What is there so harmless that shall be beyond the pale of criticism? Accordingly, afterwards, the Mameluke costume was laid aside, and long robes were substituted. Abu Gosh, whose customary civilities to wayfarers from Jaffa to Jerusalem, especially when ladies are in the question, so discomfited and frightened Sir James Emerson Tennent's party, was as attentive and hospitable to Lady Hester as he was himself well managed by her. She accepted his courteous offerings, partook of the repast prepared by his four wives, and delighted the old shaikh, who may truly be said to hold the keys of the Holy City, with her conversation and dignified manners, but when night came, and the Mamelukes proposed to mount guard, her ladyship would rely for her security on the shaikh only, and delighted with the confidence thus placed in him Abu Gosh himself kept watch during the whole of the night. There was an intuitive wisdom in such an act that is the more admirable, as her experience of the East was as yet very limited. Abu Gosh ever after entertained the highest respect for her ladyship.

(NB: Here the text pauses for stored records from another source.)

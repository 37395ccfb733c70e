-- ===== src/Evaluation.antt =====
-- The offline evaluation of the reviews (evaluation/).
pub mod Scoring
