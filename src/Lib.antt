-- ===== src/Lib.antt =====
-- OpsPilot: an assistant that investigates incidents of a simulated production environment with a
-- language model, under a deterministic policy, with human approval of what changes state.
--
-- The parts and the files that model them, with paths from the root of the repository.
-- - Models, Config: src/opspilot/models.py and config.py, the rows of the database and the settings.
--   Json: the JSON values and `json.dumps` that idempotency keys and grounding read.
-- - Agent/Policy, Agent/Client, Agent/Schemas, Agent/Tools, Agent/Remediation, Agent/Idempotency:
--   the files of the same names in src/opspilot/agent. A provider is a function with a state of its
--   own. `Idempotency/Race` splits `execute_idempotently` into its steps for overlapping calls.
-- - Agent/State, Agent/Support, Agent/Nodes: state.py, support.py and nodes.py. A node is a function
--   of the state and of the world, which is the provider, the committed table of executions and the
--   clock; it returns an update, pauses or raises. `Nodes/Gather`, `Nodes/Ground` and `Nodes/Gate`
--   hold the functions of nodes.py by the same names.
-- - Agent/Graph: graph.py. `Run` is the step relation of the nodes and edges. An `Engine` stands for
--   LangGraph with its checkpointer; what the code relies on is `IsEngine`.
-- - Memory: src/opspilot/memory.py, with `consolidate_service_memory` in Memory/Consolidation.
-- - Incidents: src/opspilot/routers/incidents.py. `Incidents/Applying` is `_apply_result`; the handlers
--   are functions from the store to a reply and a store, and call the graph through its engine.
--   `Incidents/Phases` is the abstract life cycle of an incident, and `Incidents/Refinement` takes the
--   handlers as requests on one store. `Incidents/Resolution`, `Settling`, `Approving`, `Ending` and
--   `Outage` join the handlers to the graph.
-- - Auth: src/opspilot/auth.py, the key and the sliding window of the rate limit.
-- - Seed: src/opspilot/seed, the whole dataset as constants and the seeding of the tables.
-- - Eval: src/opspilot/eval/regression.py, the comparison of two evaluation runs, with
--   Eval/Deterministic, Eval/Judge, Eval/Runner, Eval/Storage and Eval/Scorecard for the files of those
--   names. Eval/Aggregate holds the records and `_aggregate` of runner.py, Eval/CommandLine is `main` of
--   eval/__main__.py.
-- - Agent/Tracing: src/opspilot/agent/tracing.py, the redaction, `to_jsonable` and `get_trace_url`.
-- - Agent/Client/Anthropic: the adapter around the provider's SDK. Agent/Checkpointer: the connection
--   string of checkpointer.py.
-- - Api: src/opspilot/main.py, logging_config.py and the routers inspect.py, memory.py and eval_runs.py.
-- - Migrations: alembic/versions, each revision as a list of operations on a schema.
-- - Examples: one incident with a scripted model, an executable engine that keeps the contract, and
--   each property applied to them.
--
-- Numbers. Times are seconds, costs 10⁻⁸ USD, in which all prices are whole, confidences millionths,
-- metric values thousandths; they are natural numbers. Rounding is written out where the source
-- rounds; the binary rounding of floating-point numbers is not modelled. Rates and means of an
-- evaluation are ten-thousandths, the places that they are rounded to.
--
-- Fuel. The retry loop has `max_retries` + 1 rounds, one for each attempt it may make. The
-- engine has the recursion limit `max_steps` + 10 that the code passes: each visit of the gathering
-- node counts a step, and at most four nodes follow.
--
-- Parameters. Pydantic's validators, sha256, the orders of SQL queries, the text of a time, the model
-- provider, LangGraph and the JSON text of an evaluation run are arguments. Where a property relies on
-- them, the hypothesis is a record (`IsEngine`, `IsReader`, `IsMemoryOrder`) or the bounds that the
-- validated classes declare.
--
-- Not modelled: the spans of the tracing, the database sessions beyond what is
-- committed where and what a query sees, the JSON schemas sent to the model, the parsing of command
-- lines, the wiring of the web framework and the dashboard.
pub mod Prelude
pub mod Json
pub mod Models
pub mod Config
pub mod Agent
pub mod Memory
pub mod Incidents
pub mod Auth
pub mod Seed
pub mod Eval
pub mod Api
pub mod Migrations
pub mod Examples
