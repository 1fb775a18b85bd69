-- ===== src/Agent.antt =====
-- The investigating agent, src/opspilot/agent: a module for each of its files.
pub mod Policy
pub mod Schemas
pub mod Client
pub mod Remediation
pub mod Idempotency
pub mod Tools
pub mod State
pub mod Support
pub mod Nodes
pub mod Graph
pub mod Tracing
pub mod Checkpointer
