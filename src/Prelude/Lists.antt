-- ===== src/Prelude/Lists.antt =====
-- Lists measured by native numbers, under the library's names, and tests over a list.
use Prim.Native.Nat.{ℕ, zero, suc, ◌+◌, ◌≤◌}
use mathlib.Core.Path.{◌≡◌, refl, sym, ap, ◌∙◌}
use mathlib.Core.Bool.{Bool, true, false, ◌&&◌, ◌||◌}
use mathlib.Core.List.{List, [], ◌∷◌, ◌++◌}
use mathlib.Core.Option.{Option, none, some}
use mathlib.Core.Logic.{◌⊎◌, inl, inr}
use native.Mathlib.Omega.{arith}
use opspilot_sre_incident_re.Prelude.Tests.{if◌then◌else◌, Bool-cases}

module _ {ℓ} {A : Type ℓ} where
  abbrev pub length : List A → ℕ
  length [] = 0
  length (x ∷ xs) = suc (length xs)

  abbrev pub take : ℕ → List A → List A
  take zero xs = []
  take (suc n) [] = []
  take (suc n) (x ∷ xs) = x ∷ take n xs

  abbrev pub drop : ℕ → List A → List A
  drop zero xs = xs
  drop (suc n) [] = []
  drop (suc n) (x ∷ xs) = drop n xs

  -- `[x for x in xs if p(x)]`
  abbrev pub keep : (A → Bool) → List A → List A
  keep p [] = []
  keep p (x ∷ xs) = if p x then x ∷ keep p xs else keep p xs

  -- `any(p(x) for x in xs)`
  abbrev pub any : (A → Bool) → List A → Bool
  any p [] = false
  any p (x ∷ xs) = p x || any p xs

  -- `all(p(x) for x in xs)`
  abbrev pub all : (A → Bool) → List A → Bool
  all p [] = true
  all p (x ∷ xs) = p x && all p xs

  -- The first element that passes, as of a query by a unique column.
  abbrev pub find : (A → Bool) → List A → Option A
  find p [] = none
  find p (x ∷ xs) = if p x then some x else find p xs

  pub length-append : (xs ys : List A) → length (xs ++ ys) ≡ length xs + length ys
  length-append [] ys = omega arith
  length-append (x ∷ xs) ys = omega (arith, length-append xs ys)

  pub length-keep : (p : A → Bool) (xs : List A) → length (keep p xs) ≤ length xs
  length-keep p [] = omega arith
  length-keep p (x ∷ xs) = ground (arith, length-keep p xs)

  pub length-take-le : (n : ℕ) (xs : List A) → length (take n xs) ≤ n
  length-take-le zero xs = omega arith
  length-take-le (suc n) [] = omega arith
  length-take-le (suc n) (x ∷ xs) = omega (arith, length-take-le n xs)

  -- Nothing is left behind a prefix that is at least as long as the list.
  pub drop-all : (n : ℕ) (xs : List A) → length xs ≤ n → drop n xs ≡ []
  drop-all zero [] h = refl
  drop-all zero (x ∷ xs) h = absurd (omega arith)
  drop-all (suc n) [] h = refl
  drop-all (suc n) (x ∷ xs) h = drop-all n xs (omega arith)

-- Every element has the property.
abbrev pub All {ℓ κ} : {A : Type ℓ} → (A → Type κ) → List A → Type κ
All P [] = Unit
All P (x ∷ xs) = P x × All P xs

pub All-append {ℓ κ} :
    {A : Type ℓ} (P : A → Type κ) (xs ys : List A) → All P xs → All P ys → All P (xs ++ ys)
All-append P [] ys h k = k
All-append P (x ∷ xs) ys h k = (h.0, All-append P xs ys h.1 k)

-- An element stands in the list.
abbrev pub In : {A : Type 0} → A → List A → Type 0
In x [] = ⊥
In x (y ∷ ys) = (x ≡ y) ⊎ In x ys

In-keep_cons :
    {A : Type 0} (p : A → Bool) (x y : A) (ys : List A)
    → (In x (keep p ys) → (p x ≡ true) × In x ys)
    → p y ≡ true
    → (x ≡ y) ⊎ In x (keep p ys)
    → (p x ≡ true) × In x (y ∷ ys)
In-keep_cons p x y ys later passed (inl same) = (ap p same ∙ passed, inl same)
In-keep_cons p x y ys later passed (inr more) = let (q, there) = later more in (q, inr there)

pub In-keep :
    {A : Type 0} (p : A → Bool) (x : A) (xs : List A) → In x (keep p xs) → (p x ≡ true) × In x xs
In-keep p x [] h = absurd h
In-keep p x (y ∷ ys) h = elim (Bool-cases (p y)) [
  | inl passed ↦ In-keep_cons p x y ys (In-keep p x ys) passed (rw passed at h)
  | inr failed ↦ (let (q, there) = In-keep p x ys (rw failed at h) in (q, inr there))
]

pub keep-In :
    {A : Type 0} (p : A → Bool) (x : A) (xs : List A) → p x ≡ true → In x xs → In x (keep p xs)
keep-In p x [] q h = h
keep-In p x (y ∷ ys) q (inl same) = let r : p y ≡ true = ap p (sym same) ∙ q in rw r (inl same)
keep-In p x (y ∷ ys) q (inr there) = elim (Bool-cases (p y)) [
  | inl passed ↦ rw passed (inr (keep-In p x ys q there))
  | inr failed ↦ rw failed (keep-In p x ys q there)
]

pub In-take : {A : Type 0} (n : ℕ) (x : A) (xs : List A) → In x (take n xs) → In x xs
In-take zero x xs h = absurd h
In-take (suc n) x [] h = absurd h
In-take (suc n) x (y ∷ ys) (inl same) = inl same
In-take (suc n) x (y ∷ ys) (inr there) = inr (In-take n x ys there)
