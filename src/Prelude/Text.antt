-- ===== src/Prelude/Text.antt =====
-- Python's `str`: concatenation of the parts of an f-string, code points, prefixes, decimals.
use Prim.Native.Nat.{ℕ, zero, suc, ◌+◌, ◌/◌, ◌%◌}
use Prim.Native.Char.{code}
use Prim.Native.String.{String, ◌++◌}
use mathlib.Core.List.{List, map}
use mathlib.Core.Bool.{Bool, true, false, ◌&&◌, ◌||◌}
use opspilot_sre_incident_re.Prelude.Tests.{ltb, leb, ◌==◌, if◌then◌else◌}

-- The parts of an f-string, or of `a + b + c`.
abbrev pub concat : List String → String
concat List.[] = ""
concat (List.◌∷◌ s r) = s ++ concat r

-- `sep.join(parts)`
abbrev pub join : String → List String → String
join sep List.[] = ""
join sep (List.◌∷◌ s List.[]) = s
join sep (List.◌∷◌ s (List.◌∷◌ t r)) = s ++ (sep ++ join sep (List.◌∷◌ t r))

-- The code points of a text.
abbrev pub codes : String → List ℕ
codes String.[] = List.[]
codes (String.◌∷◌ c s) = List.◌∷◌ (code c) (codes s)

-- `len(text)`
abbrev pub text_length : String → ℕ
text_length String.[] = 0
text_length (String.◌∷◌ c s) = suc (text_length s)

-- `text[:n]`
abbrev pub text_take : ℕ → String → String
text_take zero s = ""
text_take (suc n) String.[] = ""
text_take (suc n) (String.◌∷◌ c s) = String.◌∷◌ c (text_take n s)

-- A character in front of the first part.
abbrev extend_first : String → List String → List String
extend_first c List.[] = List.◌∷◌ c List.[]
extend_first c (List.◌∷◌ part parts) = List.◌∷◌ (c ++ part) parts

-- `text.split(sep)`, of the code point of a separator.
abbrev pub split : ℕ → String → List String
split sep String.[] = List.◌∷◌ "" List.[]
split sep (String.◌∷◌ c s) =
    let parts = split sep s in
    if code c == sep then List.◌∷◌ "" parts else extend_first (String.◌∷◌ c String.[]) parts

pub digit : ℕ → String
digit d =
    if d == 0
    then "0"
    else if d == 1
    then "1"
    else if d == 2
    then "2"
    else if d == 3
    then "3"
    else if d == 4
    then "4"
    else if d == 5
    then "5"
    else if d == 6
    then "6"
    else if d == 7
    then "7"
    else if d == 8
    then "8"
    else "9"

-- The last of `fuel` digits and those before it; a number has fewer digits than its value plus 1.
pub decimal_from : ℕ → ℕ → String
decimal_from zero n = ""
decimal_from (suc fuel) n =
    let front = decimal_from fuel (n / 10) in if ltb n 10 then digit n else front ++ digit (n % 10)

-- `str(n)` of a number that is not negative.
unfoldable pub decimal : ℕ → String
unfolding decimal_from digit
decimal n = decimal_from (suc n) n

-- `str.lower` on ASCII letters, as code points.
abbrev pub lower_code : ℕ → ℕ
lower_code c = if leb b'A' c && leb c b'Z' then c + 32 else c

abbrev pub lower : String → List ℕ
lower s = map lower_code (codes s)

abbrev pub has_prefix : List ℕ → List ℕ → Bool
has_prefix List.[] t = true
has_prefix (List.◌∷◌ a s) List.[] = false
has_prefix (List.◌∷◌ a s) (List.◌∷◌ b t) = (a == b) && has_prefix s t

-- `s in t`
abbrev pub has_infix : List ℕ → List ℕ → Bool
has_infix s List.[] = has_prefix s List.[]
has_infix s (List.◌∷◌ b t) = has_prefix s (List.◌∷◌ b t) || has_infix s t
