-- ===== src/Prelude/Dicts.antt =====
-- A Python dict with `str` keys, as an association list: reads take the first entry of a key.
use Prim.Native.String.{String}
use mathlib.Core.Path.{◌≡◌, subst}
use mathlib.Core.List.{List, [], ◌∷◌}
use mathlib.Core.Option.{Option, none, some}
use mathlib.Core.Bool.{Bool, false}
use mathlib.Core.Logic.{inl, inr}
use text.Mathlib.Text.{◌==◌}
use text.Mathlib.TextEquality.{eq_iff}
use opspilot_sre_incident_re.Prelude.Tests.{if◌then◌else◌, is_some, Bool-cases}

module _ {ℓ} {V : Type ℓ} where
  -- `d.get(k)`
  abbrev pub lookup : String → List (String × V) → Option V
  lookup k [] = none
  lookup k ((j, v) ∷ d) = if j == k then some v else lookup k d

  -- `k in d`
  abbrev pub has_key : String → List (String × V) → Bool
  has_key k d = is_some (lookup k d)

-- `d.get(k, default)`
abbrev pub get_or {ℓ} : {V : Type ℓ} → Option V → V → V
get_or none d = d
get_or (some v) d = v

-- A statement about every text, from the statement at one text and at all others.
pub text_split {ℓ} : (P : String → Type ℓ) (k a : String) → P k → (k == a ≡ false → P a) → P a
text_split P k a hit miss = elim (Bool-cases (k == a)) [
  | inl e ↦ subst P ((eq_iff k a).0 e) hit
  | inr e ↦ miss e
]
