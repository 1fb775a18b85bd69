-- ===== src/Prelude/Rounding.antt =====
-- Python's `round` of a quotient of natural numbers, and what a rounded quotient stays below.
use Prim.Native.Nat.{ℕ, ◌+◌, ◌*◌, ◌/◌, ◌%◌, ◌≤◌, ◌<◌}
use mathlib.Core.Path.{◌≡◌}
use mathlib.Core.Bool.{Bool, true, false}
use mathlib.Core.Logic.{inl, inr}
use native.Mathlib.Omega.{arith}
use native.Mathlib.Nat.{le-div_iff_mul-le, mul-mod_left, mul-div_cancel}
use opspilot_sre_incident_re.Prelude.Tests.{ltb, if◌then◌else◌, ltb→lt, Bool-cases}

-- Ties go to the even neighbour.
unfoldable pub rounded : ℕ → ℕ → ℕ
rounded n d =
    let q = n / d in
    let r = 2 * (n % d) in if ltb r d then q else if ltb d r then q + 1 else q + q % 2

-- The conditional takes one of its branches.
if-le : (c : Bool) (x y b : ℕ) → x ≤ b → y ≤ b → (if c then x else y) ≤ b
if-le true x y b h k = h
if-le false x y b h k = k

quotient-lt : (n d b : ℕ) → 0 < d → n < b * d → n / d < b
quotient-lt n d b some h = elim (Bool-cases (ltb (n / d) b)) [
  | inl less ↦ ltb→lt (n / d) b less
  | inr high ↦
      let above : b ≤ n / d = ground arith in
      let big : b * d ≤ n = (le-div_iff_mul-le some).0 above in absurd (omega arith)
]

-- A quotient that is at most a whole number is rounded to at most that number.
pub rounded-le : (n d b : ℕ) → 0 < d → n ≤ b * d → rounded n d ≤ b
unfolding rounded
rounded-le n d b some h = elim (Bool-cases (ltb n (b * d))) [
  | inl less ↦
      let below : n / d < b = quotient-lt n d b some (ltb→lt n (b * d) less) in
      let even : n / d % 2 ≤ 1 = omega arith in
      if-le (ltb (2 * (n % d)) d) (n / d) _ b (omega arith)
        (if-le (ltb d (2 * (n % d))) (n / d + 1) _ b (omega arith) (omega arith))
  | inr high ↦
      let whole : n ≡ b * d = ground arith in
      rw whole (rw (mul-mod_left b d) (rw (mul-div_cancel b some) (ground arith)))
]
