-- ===== src/Prelude/Format.antt =====
-- Python's format specifications for numbers with a fixed number of places, and padding.
use Prim.Native.Nat.{ℕ, zero, suc, ◌-◌, ◌/◌, ◌%◌, ◌^◌}
use Prim.Native.String.{String, ◌++◌}
use mathlib.Core.Bool.{not, ◌&&◌, ◌||◌}
use opspilot_sre_incident_re.Prelude.Tests.{ltb, ◌==◌, if◌then◌else◌}
use opspilot_sre_incident_re.Prelude.Text.{decimal, text_length}

-- So many copies of a text.
abbrev pub copies : ℕ → String → String
copies zero s = ""
copies (suc n) s = s ++ copies n s

-- `f"{s:ns}"`
abbrev pub padded : ℕ → String → String
padded n s = s ++ copies (n - text_length s) " "

-- `f"{v:.pf}"`, of a value in units of the last place that is printed.
unfoldable pub fixed : ℕ → ℕ → String
fixed p n =
    let behind = decimal (n % 10 ^ p) in
    decimal (n / 10 ^ p) ++ ("." ++ (copies (p - text_length behind) "0" ++ behind))

-- So many digits behind the point, without the zeros at the end but for the first digit.
behind_point : ℕ → ℕ → String
unfolding decimal
behind_point zero f = ""
behind_point (suc p) f =
    let shorter = behind_point p (f / 10) in
    let digits = decimal f in
    if p == 0 || not (f % 10 == 0)
    then copies (suc p - text_length digits) "0" ++ digits
    else shorter

-- A number below 10⁻⁴ and above 0, in millionths.
tiny : ℕ → String
unfolding decimal
tiny n =
    if ltb n 10
    then decimal n ++ "e-06"
    else if n % 10 == 0
    then decimal (n / 10) ++ "e-05"
    else decimal (n / 10) ++ ("." ++ (decimal (n % 10) ++ "e-05"))

-- `repr` of a float that is so many millionths, below 10¹⁶.
unfoldable pub float_text : ℕ → String
unfolding behind_point tiny decimal
float_text n =
    if ltb 0 n && ltb n 100
    then tiny n
    else decimal (n / 1000000) ++ ("." ++ behind_point 6 (n % 1000000))
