-- ===== src/Agent/Checkpointer.antt =====
-- src/opspilot/agent/checkpointer.py: the connection string that the library's checkpointer is given. The
-- checkpointer itself is part of the `Engine` of Agent/Graph.
use opspilot_sre_incident_re.Prelude.{
  ℕ, zero, suc, String, codes, has_prefix, text_length, if◌then◌else◌, List, [], ◌∷◌,
}
use Prim.Native.String.{◌++◌}

-- `s[n:]`
abbrev pub text_drop : ℕ → String → String
text_drop zero s = s
text_drop (suc n) String.[] = ""
text_drop (suc n) (String.◌∷◌ c s) = text_drop n s

-- `s.replace(old, new, 1)`, of an old text that is not empty.
abbrev pub replace_first : String → String → String → String
replace_first old new String.[] = ""
replace_first old new (String.◌∷◌ c s) =
    let rest = replace_first old new s in
    if has_prefix (codes old) (codes (String.◌∷◌ c s))
    then new ++ text_drop (text_length old) (String.◌∷◌ c s)
    else String.◌∷◌ c rest

-- `_psycopg_conn_string`
unfoldable pub psycopg_conn_string : String → String
psycopg_conn_string database_url =
    replace_first "postgresql+psycopg://" "postgresql://" database_url

-- `_ALLOWED_MSGPACK_MODULES`
abbrev pub allowed_msgpack_modules : List (String × String)
allowed_msgpack_modules =
    ("opspilot.agent.schemas", "SubmitDiagnosisArgs")
    ∷ ("opspilot.agent.schemas", "ToolCallRecord")
    ∷ []
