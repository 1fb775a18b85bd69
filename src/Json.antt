-- ===== src/Json.antt =====
-- The JSON values that the program passes about: Python's `dict`, `list`, `str`, numbers, `bool`
-- and `None`, as they stand in tool arguments, tool results, decisions and JSONB columns.
-- `json.dumps` is written out for texts of printable ASCII
-- characters, tabs and line ends, with its default separators; numbers are not negative, and a
-- `float` is given in millionths.
use opspilot_sre_incident_re.Prelude.{
  ℕ, String, Bool, true, false, Option, none, some, str_eq, ◌==◌, not, if◌then◌else◌, concat,
  decimal, float_text, List, [], ◌∷◌,
}
use Prim.Native.Char.{code}

mutual
  pub data Json : Type 0 where
    null : Json
    bool : Bool → Json
    num : ℕ → Json
    float : ℕ → Json
    text : String → Json
    arr : Items → Json
    obj : Fields → Json

  pub data Items : Type 0 where
    nil : Items
    cons : Json → Items → Items

  pub data Fields : Type 0 where
    end : Fields
    field : String → Json → Fields → Fields

-- `d.get(k)`
abbrev pub get : String → Fields → Option Json
get k end = none
get k (field j v d) = if str_eq j k then some v else get k d

-- `{**d, k: v}`
abbrev pub put : String → Json → Fields → Fields
put k v end = field k v end
put k v (field j w d) = if str_eq j k then field j v d else field j w (put k v d)

-- `bool(v)`
abbrev pub truthy : Json → Bool
truthy null = false
truthy (bool b) = b
truthy (num n) = not (n == 0)
truthy (float n) = not (n == 0)
truthy (text s) = not (str_eq s "")
truthy (arr nil) = false
truthy (arr (cons _ _)) = true
truthy (obj end) = false
truthy (obj (field _ _ _)) = true

-- `bool(d.get(k))`
abbrev pub get_truthy : String → Fields → Bool
get_truthy k d = elim (get k d) [ none ↦ false | some v ↦ truthy v ]

abbrev pub of_texts : List String → Items
of_texts [] = nil
of_texts (s ∷ r) = cons (text s) (of_texts r)

-- A value that may be `None`.
abbrev pub optional : Option Json → Json
optional none = null
optional (some v) = v

escape : String → String
escape String.[] = ""
escape (String.◌∷◌ c s) =
    let rest = escape s in
    if code c == 34
    then concat ("\\\"" ∷ rest ∷ [])
    else if code c == 92
    then concat ("\\\\" ∷ rest ∷ [])
    else if code c == 10
    then concat ("\\n" ∷ rest ∷ [])
    else if code c == 9
    then concat ("\\t" ∷ rest ∷ [])
    else if code c == 13
    then concat ("\\r" ∷ rest ∷ [])
    else String.◌∷◌ c rest

unfoldable mutual
  unfolding escape

  -- `json.dumps(v)`
  pub dumps : Json → String
  dumps null = "null"
  dumps (bool true) = "true"
  dumps (bool false) = "false"
  dumps (num n) = decimal n
  dumps (float n) = float_text n
  dumps (text s) = concat ("\"" ∷ escape s ∷ "\"" ∷ [])
  dumps (arr nil) = "[]"
  dumps (arr (cons v r)) = concat ("[" ∷ dumps v ∷ dumps_items r ∷ "]" ∷ [])
  dumps (obj end) = "{}"
  dumps (obj (field k v r)) =
      concat ("{\"" ∷ escape k ∷ "\": " ∷ dumps v ∷ dumps_fields r ∷ "}" ∷ [])

  pub dumps_items : Items → String
  dumps_items nil = ""
  dumps_items (cons v r) = concat (", " ∷ dumps v ∷ dumps_items r ∷ [])

  pub dumps_fields : Fields → String
  dumps_fields end = ""
  dumps_fields (field k v r) = concat (", \"" ∷ escape k ∷ "\": " ∷ dumps v ∷ dumps_fields r ∷ [])
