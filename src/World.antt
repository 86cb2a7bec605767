-- ===== src/World.antt =====
-- The runtime's effects (workflow/id.go, and `Clock` of workflow/runtime.go). An action runs on a store
-- and a counter of outside readings; it returns a result or an error, and what it wrote before an
-- error stays written. A reading of a clock or of the random source takes the counter's next
-- value; the environment says what is read there.
use Prim.Native.Nat.{◌/◌, ◌%◌}
use fsm_go.Prelude.{ℕ, zero, suc, String, append, Option, none, some, List, [], ◌∷◌}
use fsm_go.Errors.{Error, Result, ok, err}
use fsm_go.Types.{Time, clone_map, nil_map, HistoryType, HistoryInput, ExecutionHistory}

-- What the n-th reading of the outside gives: the runtime's clock, the system's clock, eight random
-- bytes (or an error), and the system time in the layout of `NewID`.
pub record Env : Type 0 where
  pub clock : ℕ → Time
  pub wall : ℕ → Time
  pub random : ℕ → Option (List ℕ)
  pub stamp : ℕ → String

pub record World (S : Type 0) : Type 0 where
  pub store : S
  pub readings : ℕ

abbrev pub Act : Type 0 → Type 0 → Type 0
Act S A = World S → Result A × World S

module _ {S A : Type 0} where
  abbrev pub pure : A → Act S A
  pure a w = (ok a, w)

  abbrev pub raise : Error → Act S A
  raise e w = (err e, w)

  abbrev pub lift : Result A → Act S A
  lift r w = (r, w)

  -- an operation of a store that reads nothing outside it
  abbrev pub run_store : Result A × S → World S → Result A × World S
  run_store (r, s) w = (r, record w { store = s })

  abbrev pub on_store : (S → Result A × S) → Act S A
  on_store f w = run_store (f w.store) w

  -- `x, err := m()`: the error is kept as a value
  abbrev pub try : Act S A → Act S (Result A)
  try m w = let (r, w') = m w in (ok r, w')

module _ {S A B : Type 0} where
  abbrev pub continue : Result A → (A → Act S B) → Act S B
  continue (ok a) f w = f a w
  continue (err e) f w = (err e, w)

  infixl 10 ◌>>=◌ ◌>>◌
  abbrev pub ◌>>=◌ : Act S A → (A → Act S B) → Act S B
  ◌>>=◌ m f w = let (r, w') = m w in continue r f w'

  abbrev pub ◌>>◌ : Act S A → Act S B → Act S B
  m >> n = m >>= λ _. n

abbrev pub next_reading : {S : Type 0} → World S → World S
next_reading w = record w { readings = suc w.readings }

abbrev pub hex_digits : List String
hex_digits =
    "0" ∷ "1" ∷ "2" ∷ "3" ∷ "4" ∷ "5" ∷ "6" ∷ "7" ∷ "8" ∷ "9" ∷ "a" ∷ "b" ∷ "c" ∷ "d" ∷ "e" ∷ "f"
    ∷ []

abbrev pub nth_text : List String → ℕ → String
nth_text [] n = ""
nth_text (x ∷ xs) zero = x
nth_text (x ∷ xs) (suc n) = nth_text xs n

-- hex.EncodeToString: two digits for each byte, the high one first
pub hex : List ℕ → String
hex [] = ""
hex (b ∷ bytes) =
    append (nth_text hex_digits (b / 16)) (append (nth_text hex_digits (b % 16)) (hex bytes))

-- the identifier that the n-th reading gives
unfoldable pub id_at : ⦃env : Env⦄ → String → ℕ → String
unfolding hex
id_at ⦃env⦄ prefix n = elim (env.random n) [
  | none ↦ append prefix (append "-" (env.stamp n))
  | some bytes ↦ append prefix (append "-" (hex bytes))
]

module _ ⦃env : Env⦄ {S : Type 0} where
  -- r.clock.Now()
  abbrev pub clock_now : Act S Time
  clock_now w = (ok (env.clock w.readings), next_reading w)

  -- time.Now().UTC()
  abbrev pub wall_now : Act S Time
  wall_now w = (ok (env.wall w.readings), next_reading w)

  abbrev pub new_id : String → Act S String
  new_id prefix w = (ok (id_at prefix w.readings), next_reading w)

-- the entry that `history` makes of its input, under the identifier that it drew
abbrev pub entry_of : HistoryInput → String → ExecutionHistory
entry_of input id = record {
  id = id;
  instance_id = input.instance_id;
  type = input.type;
  message = input.message;
  state = input.state;
  task_id = input.task_id;
  task = input.task;
  event = input.event;
  payload = clone_map input.payload;
  created_at = input.created_at;
}

abbrev pub history : ⦃env : Env⦄ {S : Type 0} → HistoryInput → Act S ExecutionHistory
history input = do id ← new_id "hist"; pure (entry_of input id)

-- An input with the fields that every call sets; the others have their zero values.
abbrev pub input_of : String → HistoryType → String → String → Time → HistoryInput
input_of instance_id type message state now = record {
  instance_id = instance_id;
  type = type;
  message = message;
  state = state;
  task_id = "";
  task = "";
  event = "";
  payload = nil_map;
  created_at = now;
}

Nothing worthy of remark occurred at Jerusalem except that Lady Hester administered to the wants of the Bey of the Mamelukes, whose extraordinary escape from the massacre at Cairo has been frequently narrated. The party returned to Ramlah, where the governor made an unsuccessful attempt to obtain possession of Lady Hester's firmans under pretence of forwarding them to Mohammed Aga of Jaffa, and they proceeded thence by Cæsarea to Acre, where the approach of her ladyship excited much curiosity. Arrived at this renowned seaport, her ladyship's establishment underwent a complete reform, and was more assimilated to the country she was now travelling in. The Cypriots were sent about their business at once, but the Mamelukes were not dismissed till the party arrived at Sayda, on the frontier of the

Wouse territory, where their apostacy from the Christian faith would not have been a serviceable introduction. Lady Hester's first visit at Acre was to a rich Jew banker, called Haym, who was then one of the most influential men in all Syria, and with whom her ladyship always afterwards kept up a correspondence till the time of his death. During a short visit made to Nazareth and its environs, the party were visited by Shaikh Ibrahim (Burckhardt). The author describes him as a robust and rather athletic man, of about five feet nine, with blue eyes, a broad German face, and a pleasing look. Lady Hester's opinion, he says, was not a favourable one, and she never altered it. An accident occurred on the way back to Acre, Lady Hester's horse having fallen upon and hurt her so much as to detain her for a week in a monastery.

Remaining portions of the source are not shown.